> **Extracted information**

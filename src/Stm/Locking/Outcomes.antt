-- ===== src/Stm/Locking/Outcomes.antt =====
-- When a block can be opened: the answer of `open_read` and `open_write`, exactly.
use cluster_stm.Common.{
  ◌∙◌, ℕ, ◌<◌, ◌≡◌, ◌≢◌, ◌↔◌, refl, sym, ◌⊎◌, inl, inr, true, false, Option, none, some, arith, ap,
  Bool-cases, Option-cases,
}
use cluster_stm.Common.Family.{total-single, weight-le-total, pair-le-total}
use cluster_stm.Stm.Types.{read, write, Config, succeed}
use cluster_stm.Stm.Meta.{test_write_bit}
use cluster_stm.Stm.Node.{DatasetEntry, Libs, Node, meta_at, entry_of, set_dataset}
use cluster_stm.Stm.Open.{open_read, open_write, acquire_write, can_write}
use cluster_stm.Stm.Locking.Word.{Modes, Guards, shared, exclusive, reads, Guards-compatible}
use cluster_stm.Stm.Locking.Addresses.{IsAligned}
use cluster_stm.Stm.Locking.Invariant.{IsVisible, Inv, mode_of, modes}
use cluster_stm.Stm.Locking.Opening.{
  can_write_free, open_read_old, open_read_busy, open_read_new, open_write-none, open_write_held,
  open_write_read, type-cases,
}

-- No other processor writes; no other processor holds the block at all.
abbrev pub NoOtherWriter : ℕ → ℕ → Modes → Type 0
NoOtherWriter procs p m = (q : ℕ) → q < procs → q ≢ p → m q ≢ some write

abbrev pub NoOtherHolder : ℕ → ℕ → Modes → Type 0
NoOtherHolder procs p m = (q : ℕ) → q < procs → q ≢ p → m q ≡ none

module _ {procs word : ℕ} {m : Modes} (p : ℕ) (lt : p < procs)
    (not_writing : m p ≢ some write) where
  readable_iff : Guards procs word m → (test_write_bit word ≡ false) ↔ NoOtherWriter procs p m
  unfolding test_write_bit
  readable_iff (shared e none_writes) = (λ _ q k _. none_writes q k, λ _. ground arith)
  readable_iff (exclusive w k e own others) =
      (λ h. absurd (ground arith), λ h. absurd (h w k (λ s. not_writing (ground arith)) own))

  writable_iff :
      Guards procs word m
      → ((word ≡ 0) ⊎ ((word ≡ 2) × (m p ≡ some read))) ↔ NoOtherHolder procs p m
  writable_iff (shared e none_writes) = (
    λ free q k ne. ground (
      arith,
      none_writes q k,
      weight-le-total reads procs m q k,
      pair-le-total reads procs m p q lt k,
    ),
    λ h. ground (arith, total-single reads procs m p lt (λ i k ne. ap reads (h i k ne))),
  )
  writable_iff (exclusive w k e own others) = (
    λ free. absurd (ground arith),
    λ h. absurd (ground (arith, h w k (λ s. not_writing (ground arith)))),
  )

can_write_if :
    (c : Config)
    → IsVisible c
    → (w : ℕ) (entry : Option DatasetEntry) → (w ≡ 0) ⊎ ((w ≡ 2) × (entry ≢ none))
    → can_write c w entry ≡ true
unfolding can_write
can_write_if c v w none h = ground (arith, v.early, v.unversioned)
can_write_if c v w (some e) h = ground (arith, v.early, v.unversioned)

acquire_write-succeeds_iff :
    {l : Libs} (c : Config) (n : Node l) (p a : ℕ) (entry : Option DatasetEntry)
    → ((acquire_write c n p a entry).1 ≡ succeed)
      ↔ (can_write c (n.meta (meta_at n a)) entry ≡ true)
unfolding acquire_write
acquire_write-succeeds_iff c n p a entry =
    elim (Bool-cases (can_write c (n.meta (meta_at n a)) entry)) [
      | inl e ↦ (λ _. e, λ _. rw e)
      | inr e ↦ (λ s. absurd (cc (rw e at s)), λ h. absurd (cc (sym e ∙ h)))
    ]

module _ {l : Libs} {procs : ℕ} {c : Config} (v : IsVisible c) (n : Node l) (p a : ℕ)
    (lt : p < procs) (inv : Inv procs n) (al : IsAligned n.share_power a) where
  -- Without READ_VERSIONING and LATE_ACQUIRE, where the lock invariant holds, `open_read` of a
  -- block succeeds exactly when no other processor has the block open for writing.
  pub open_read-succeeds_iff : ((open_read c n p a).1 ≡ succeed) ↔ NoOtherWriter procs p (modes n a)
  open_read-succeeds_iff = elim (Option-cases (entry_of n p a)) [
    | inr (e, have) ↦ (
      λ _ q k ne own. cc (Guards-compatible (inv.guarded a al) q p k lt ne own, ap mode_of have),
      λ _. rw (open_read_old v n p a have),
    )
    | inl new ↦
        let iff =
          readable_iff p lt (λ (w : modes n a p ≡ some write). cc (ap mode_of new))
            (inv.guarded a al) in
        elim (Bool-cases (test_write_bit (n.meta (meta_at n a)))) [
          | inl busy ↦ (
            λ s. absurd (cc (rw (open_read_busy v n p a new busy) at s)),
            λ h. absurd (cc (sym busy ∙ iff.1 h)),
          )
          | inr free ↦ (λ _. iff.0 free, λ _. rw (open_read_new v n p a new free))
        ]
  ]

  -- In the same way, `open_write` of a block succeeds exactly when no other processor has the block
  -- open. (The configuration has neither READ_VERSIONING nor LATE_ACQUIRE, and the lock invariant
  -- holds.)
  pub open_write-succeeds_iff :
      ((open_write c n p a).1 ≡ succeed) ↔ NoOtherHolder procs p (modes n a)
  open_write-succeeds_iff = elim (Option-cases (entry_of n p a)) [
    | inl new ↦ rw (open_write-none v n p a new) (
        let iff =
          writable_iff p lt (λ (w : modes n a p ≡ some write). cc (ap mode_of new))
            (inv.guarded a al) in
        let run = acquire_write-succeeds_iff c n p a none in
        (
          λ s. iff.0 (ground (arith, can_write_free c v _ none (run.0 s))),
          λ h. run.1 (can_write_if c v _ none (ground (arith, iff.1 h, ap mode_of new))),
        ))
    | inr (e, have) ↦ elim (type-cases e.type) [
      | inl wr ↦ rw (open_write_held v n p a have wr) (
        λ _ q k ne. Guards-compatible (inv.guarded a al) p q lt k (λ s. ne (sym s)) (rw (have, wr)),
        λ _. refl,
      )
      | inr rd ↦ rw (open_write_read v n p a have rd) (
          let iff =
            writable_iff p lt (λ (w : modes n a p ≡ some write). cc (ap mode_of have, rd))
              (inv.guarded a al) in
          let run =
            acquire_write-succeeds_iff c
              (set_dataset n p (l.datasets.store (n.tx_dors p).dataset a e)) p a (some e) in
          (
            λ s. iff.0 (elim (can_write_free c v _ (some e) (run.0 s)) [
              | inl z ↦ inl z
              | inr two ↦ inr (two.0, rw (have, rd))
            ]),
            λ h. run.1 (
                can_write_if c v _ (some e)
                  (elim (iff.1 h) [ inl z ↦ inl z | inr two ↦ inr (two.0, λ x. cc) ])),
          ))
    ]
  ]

> **Exercise instructions**
Please report every line among the entries that includes "Outcomes".

> **Solution for this task**
filename src/Stm/Locking/Outcomes.antt
-- ===== src/Stm/Locking/Outcomes.antt =====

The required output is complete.